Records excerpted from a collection
%%

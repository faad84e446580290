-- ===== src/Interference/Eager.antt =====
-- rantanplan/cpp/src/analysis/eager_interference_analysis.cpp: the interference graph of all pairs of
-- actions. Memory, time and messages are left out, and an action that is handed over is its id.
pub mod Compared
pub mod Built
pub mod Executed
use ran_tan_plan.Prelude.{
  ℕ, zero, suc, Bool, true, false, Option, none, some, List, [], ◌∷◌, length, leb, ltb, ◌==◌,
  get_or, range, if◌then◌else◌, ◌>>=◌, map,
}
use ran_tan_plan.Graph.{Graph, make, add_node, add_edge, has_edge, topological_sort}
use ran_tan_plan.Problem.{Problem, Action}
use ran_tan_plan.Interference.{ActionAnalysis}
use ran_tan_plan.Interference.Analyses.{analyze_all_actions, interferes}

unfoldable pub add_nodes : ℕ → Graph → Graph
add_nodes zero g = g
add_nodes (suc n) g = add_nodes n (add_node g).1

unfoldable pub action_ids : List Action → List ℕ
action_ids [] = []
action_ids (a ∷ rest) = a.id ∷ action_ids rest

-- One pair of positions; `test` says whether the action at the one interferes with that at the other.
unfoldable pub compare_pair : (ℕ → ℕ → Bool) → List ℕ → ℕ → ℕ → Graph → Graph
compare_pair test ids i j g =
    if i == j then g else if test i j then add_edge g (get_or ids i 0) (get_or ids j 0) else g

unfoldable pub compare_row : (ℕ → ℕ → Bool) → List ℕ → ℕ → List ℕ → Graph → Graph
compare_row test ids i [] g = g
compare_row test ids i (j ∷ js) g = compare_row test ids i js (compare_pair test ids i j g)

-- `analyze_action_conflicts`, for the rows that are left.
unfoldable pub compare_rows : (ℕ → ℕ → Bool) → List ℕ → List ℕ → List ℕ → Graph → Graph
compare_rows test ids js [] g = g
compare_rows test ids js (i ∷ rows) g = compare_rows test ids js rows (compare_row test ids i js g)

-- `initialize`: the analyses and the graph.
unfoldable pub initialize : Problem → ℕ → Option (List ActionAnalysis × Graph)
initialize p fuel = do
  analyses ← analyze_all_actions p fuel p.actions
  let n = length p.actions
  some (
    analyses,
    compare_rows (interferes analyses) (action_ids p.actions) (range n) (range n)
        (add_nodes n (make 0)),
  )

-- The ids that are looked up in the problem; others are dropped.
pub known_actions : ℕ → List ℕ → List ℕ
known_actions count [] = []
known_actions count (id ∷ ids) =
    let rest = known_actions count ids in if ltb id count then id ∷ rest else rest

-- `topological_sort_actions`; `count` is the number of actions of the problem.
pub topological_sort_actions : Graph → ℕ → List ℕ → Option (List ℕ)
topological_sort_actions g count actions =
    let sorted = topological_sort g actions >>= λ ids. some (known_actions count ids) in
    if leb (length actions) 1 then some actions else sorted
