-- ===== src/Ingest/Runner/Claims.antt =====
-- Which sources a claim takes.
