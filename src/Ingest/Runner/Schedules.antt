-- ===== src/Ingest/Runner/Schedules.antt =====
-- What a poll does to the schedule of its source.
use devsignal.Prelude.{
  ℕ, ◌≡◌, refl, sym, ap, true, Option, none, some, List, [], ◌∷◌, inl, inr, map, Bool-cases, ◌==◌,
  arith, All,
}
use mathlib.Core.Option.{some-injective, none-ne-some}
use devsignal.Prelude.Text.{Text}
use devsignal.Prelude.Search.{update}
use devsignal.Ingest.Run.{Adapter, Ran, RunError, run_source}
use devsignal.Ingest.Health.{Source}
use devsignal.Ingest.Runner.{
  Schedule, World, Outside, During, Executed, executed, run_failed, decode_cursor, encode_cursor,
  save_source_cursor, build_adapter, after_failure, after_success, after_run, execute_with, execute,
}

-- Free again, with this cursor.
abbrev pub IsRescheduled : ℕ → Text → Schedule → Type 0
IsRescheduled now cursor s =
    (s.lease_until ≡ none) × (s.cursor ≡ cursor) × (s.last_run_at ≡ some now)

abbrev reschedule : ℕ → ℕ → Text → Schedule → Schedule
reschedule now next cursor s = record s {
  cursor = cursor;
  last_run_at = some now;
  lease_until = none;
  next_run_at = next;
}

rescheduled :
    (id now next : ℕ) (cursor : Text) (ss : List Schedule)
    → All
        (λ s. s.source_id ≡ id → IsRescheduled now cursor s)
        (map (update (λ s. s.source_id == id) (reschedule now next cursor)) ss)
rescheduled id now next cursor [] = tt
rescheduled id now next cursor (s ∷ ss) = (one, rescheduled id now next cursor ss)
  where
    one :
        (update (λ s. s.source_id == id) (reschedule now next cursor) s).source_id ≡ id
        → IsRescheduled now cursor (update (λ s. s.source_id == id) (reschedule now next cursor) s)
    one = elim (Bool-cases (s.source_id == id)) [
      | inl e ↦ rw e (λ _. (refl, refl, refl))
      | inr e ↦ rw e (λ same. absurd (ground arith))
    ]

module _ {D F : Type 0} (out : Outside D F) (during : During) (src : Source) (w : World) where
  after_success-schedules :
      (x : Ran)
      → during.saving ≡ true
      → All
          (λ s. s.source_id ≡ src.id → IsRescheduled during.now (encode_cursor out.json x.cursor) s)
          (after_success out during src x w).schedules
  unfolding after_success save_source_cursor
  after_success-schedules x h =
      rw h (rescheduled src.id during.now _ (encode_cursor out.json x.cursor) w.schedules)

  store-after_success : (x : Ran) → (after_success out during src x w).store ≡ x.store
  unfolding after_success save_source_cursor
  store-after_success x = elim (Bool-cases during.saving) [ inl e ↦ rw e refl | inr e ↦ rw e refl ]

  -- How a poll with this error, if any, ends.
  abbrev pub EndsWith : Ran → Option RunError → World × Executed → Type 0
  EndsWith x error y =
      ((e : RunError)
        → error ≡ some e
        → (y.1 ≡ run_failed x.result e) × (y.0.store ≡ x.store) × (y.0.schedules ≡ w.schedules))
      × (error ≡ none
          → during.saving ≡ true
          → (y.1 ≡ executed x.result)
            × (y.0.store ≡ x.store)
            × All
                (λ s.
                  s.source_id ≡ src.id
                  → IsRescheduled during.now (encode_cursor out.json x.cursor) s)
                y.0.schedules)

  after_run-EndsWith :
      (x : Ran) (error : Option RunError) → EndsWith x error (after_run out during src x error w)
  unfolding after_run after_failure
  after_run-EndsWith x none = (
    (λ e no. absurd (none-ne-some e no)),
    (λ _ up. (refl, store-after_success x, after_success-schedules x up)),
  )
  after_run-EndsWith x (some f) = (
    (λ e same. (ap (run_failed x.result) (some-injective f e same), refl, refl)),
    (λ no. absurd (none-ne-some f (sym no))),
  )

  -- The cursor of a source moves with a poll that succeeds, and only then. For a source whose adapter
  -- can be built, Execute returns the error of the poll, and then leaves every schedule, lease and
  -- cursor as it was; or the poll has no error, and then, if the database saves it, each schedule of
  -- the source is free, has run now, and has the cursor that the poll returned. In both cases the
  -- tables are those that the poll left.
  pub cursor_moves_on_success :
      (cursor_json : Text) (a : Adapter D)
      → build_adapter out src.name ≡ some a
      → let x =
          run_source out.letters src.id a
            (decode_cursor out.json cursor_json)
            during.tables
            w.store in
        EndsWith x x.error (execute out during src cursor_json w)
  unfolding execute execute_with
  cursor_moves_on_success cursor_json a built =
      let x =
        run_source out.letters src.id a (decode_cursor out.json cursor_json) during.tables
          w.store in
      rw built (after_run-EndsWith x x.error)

%%
%%

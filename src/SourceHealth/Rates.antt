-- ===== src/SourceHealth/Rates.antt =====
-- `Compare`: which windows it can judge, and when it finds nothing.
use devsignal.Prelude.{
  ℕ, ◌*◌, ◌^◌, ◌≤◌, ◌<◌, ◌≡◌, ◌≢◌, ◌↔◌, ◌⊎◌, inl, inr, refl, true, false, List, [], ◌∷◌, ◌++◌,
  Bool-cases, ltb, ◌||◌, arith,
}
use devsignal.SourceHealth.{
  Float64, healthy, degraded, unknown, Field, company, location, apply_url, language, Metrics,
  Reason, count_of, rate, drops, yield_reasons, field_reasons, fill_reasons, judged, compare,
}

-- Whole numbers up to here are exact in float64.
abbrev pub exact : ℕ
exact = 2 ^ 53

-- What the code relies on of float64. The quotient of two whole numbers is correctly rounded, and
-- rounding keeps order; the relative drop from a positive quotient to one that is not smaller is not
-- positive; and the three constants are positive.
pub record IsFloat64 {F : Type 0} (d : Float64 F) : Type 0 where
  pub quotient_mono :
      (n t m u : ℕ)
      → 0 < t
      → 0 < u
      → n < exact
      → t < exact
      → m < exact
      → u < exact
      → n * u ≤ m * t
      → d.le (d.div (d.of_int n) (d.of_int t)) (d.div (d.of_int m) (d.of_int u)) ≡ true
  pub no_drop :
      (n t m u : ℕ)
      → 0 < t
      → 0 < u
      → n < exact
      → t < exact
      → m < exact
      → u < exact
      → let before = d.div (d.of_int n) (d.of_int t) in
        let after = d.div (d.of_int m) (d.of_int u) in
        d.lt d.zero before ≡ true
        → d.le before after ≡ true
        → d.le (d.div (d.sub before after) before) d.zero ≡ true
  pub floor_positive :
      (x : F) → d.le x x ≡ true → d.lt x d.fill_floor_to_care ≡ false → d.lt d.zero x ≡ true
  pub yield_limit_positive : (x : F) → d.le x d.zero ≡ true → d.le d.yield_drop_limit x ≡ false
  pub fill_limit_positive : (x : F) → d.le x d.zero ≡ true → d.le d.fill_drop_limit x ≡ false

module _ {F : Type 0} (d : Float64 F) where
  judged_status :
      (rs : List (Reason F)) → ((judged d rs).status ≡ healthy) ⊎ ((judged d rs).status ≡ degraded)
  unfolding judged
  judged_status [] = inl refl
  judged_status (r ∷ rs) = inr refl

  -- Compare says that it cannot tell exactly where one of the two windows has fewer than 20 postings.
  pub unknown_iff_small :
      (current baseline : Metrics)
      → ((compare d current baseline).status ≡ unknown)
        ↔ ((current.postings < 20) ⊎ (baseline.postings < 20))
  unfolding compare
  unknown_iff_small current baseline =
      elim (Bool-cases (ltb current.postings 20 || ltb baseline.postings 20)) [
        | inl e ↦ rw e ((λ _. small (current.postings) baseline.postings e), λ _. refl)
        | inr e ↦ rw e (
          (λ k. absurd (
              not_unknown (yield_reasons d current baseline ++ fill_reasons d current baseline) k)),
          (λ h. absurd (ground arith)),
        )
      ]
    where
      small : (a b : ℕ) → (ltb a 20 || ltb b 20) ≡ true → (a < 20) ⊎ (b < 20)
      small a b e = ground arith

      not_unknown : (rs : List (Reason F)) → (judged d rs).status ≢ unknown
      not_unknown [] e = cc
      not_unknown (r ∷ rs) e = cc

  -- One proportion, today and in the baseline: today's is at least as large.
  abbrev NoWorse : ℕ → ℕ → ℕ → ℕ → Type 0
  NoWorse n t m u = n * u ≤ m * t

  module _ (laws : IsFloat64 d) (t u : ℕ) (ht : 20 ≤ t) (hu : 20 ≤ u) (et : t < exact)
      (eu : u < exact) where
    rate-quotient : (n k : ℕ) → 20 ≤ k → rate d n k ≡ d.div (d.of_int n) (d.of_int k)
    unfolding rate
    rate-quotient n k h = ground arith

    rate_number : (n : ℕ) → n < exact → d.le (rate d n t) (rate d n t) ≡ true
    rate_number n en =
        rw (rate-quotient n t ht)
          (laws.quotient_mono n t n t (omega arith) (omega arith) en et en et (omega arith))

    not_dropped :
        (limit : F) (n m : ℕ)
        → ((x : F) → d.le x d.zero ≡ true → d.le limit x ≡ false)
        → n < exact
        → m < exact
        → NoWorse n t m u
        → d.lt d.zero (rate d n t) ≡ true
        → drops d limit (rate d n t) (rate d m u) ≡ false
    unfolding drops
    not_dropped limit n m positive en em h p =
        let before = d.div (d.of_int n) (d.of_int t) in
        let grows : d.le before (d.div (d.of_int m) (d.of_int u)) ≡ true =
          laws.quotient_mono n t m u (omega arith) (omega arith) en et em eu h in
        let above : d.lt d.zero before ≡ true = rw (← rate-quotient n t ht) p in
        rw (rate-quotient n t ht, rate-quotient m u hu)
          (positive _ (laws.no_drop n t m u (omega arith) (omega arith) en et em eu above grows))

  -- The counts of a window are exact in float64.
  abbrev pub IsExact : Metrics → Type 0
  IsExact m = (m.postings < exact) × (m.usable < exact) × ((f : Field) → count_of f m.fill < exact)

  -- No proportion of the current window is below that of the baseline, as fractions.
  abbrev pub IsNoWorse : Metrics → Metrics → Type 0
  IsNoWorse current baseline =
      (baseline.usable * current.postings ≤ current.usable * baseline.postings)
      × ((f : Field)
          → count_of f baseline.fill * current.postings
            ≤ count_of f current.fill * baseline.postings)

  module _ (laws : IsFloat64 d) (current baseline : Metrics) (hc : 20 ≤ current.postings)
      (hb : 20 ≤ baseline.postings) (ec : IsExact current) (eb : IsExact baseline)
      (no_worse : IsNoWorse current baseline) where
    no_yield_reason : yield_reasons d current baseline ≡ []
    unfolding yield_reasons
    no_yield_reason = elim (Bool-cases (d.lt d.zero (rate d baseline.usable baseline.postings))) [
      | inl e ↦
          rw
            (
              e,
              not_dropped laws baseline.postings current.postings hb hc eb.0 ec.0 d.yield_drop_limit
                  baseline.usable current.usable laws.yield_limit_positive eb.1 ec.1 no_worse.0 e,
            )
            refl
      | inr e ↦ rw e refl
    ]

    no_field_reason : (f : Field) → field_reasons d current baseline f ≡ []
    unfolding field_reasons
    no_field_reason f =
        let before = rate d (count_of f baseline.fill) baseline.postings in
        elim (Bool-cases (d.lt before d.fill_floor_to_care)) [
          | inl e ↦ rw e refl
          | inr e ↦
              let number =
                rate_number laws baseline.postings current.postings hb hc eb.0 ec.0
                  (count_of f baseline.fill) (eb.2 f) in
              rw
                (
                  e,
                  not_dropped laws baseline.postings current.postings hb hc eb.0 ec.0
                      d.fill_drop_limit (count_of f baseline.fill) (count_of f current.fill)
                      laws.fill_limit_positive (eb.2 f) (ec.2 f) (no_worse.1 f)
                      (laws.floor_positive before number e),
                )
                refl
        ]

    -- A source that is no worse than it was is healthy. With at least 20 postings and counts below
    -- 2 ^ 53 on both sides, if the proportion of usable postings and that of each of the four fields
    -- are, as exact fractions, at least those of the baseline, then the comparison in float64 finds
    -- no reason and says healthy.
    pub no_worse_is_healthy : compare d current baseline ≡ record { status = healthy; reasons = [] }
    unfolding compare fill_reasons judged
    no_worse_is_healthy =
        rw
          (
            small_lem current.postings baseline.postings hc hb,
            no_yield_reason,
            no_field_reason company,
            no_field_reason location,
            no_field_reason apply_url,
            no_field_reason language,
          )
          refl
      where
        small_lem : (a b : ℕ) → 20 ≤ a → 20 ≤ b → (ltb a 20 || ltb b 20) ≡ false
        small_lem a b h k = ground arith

%%

§ **Task directions**: Read through the data above. Report each line that has the word "letters".

§ **Reply**:
          run_source out.letters src.id a
        run_source out.letters src.id a (decode_cursor out.json cursor_json) during.tables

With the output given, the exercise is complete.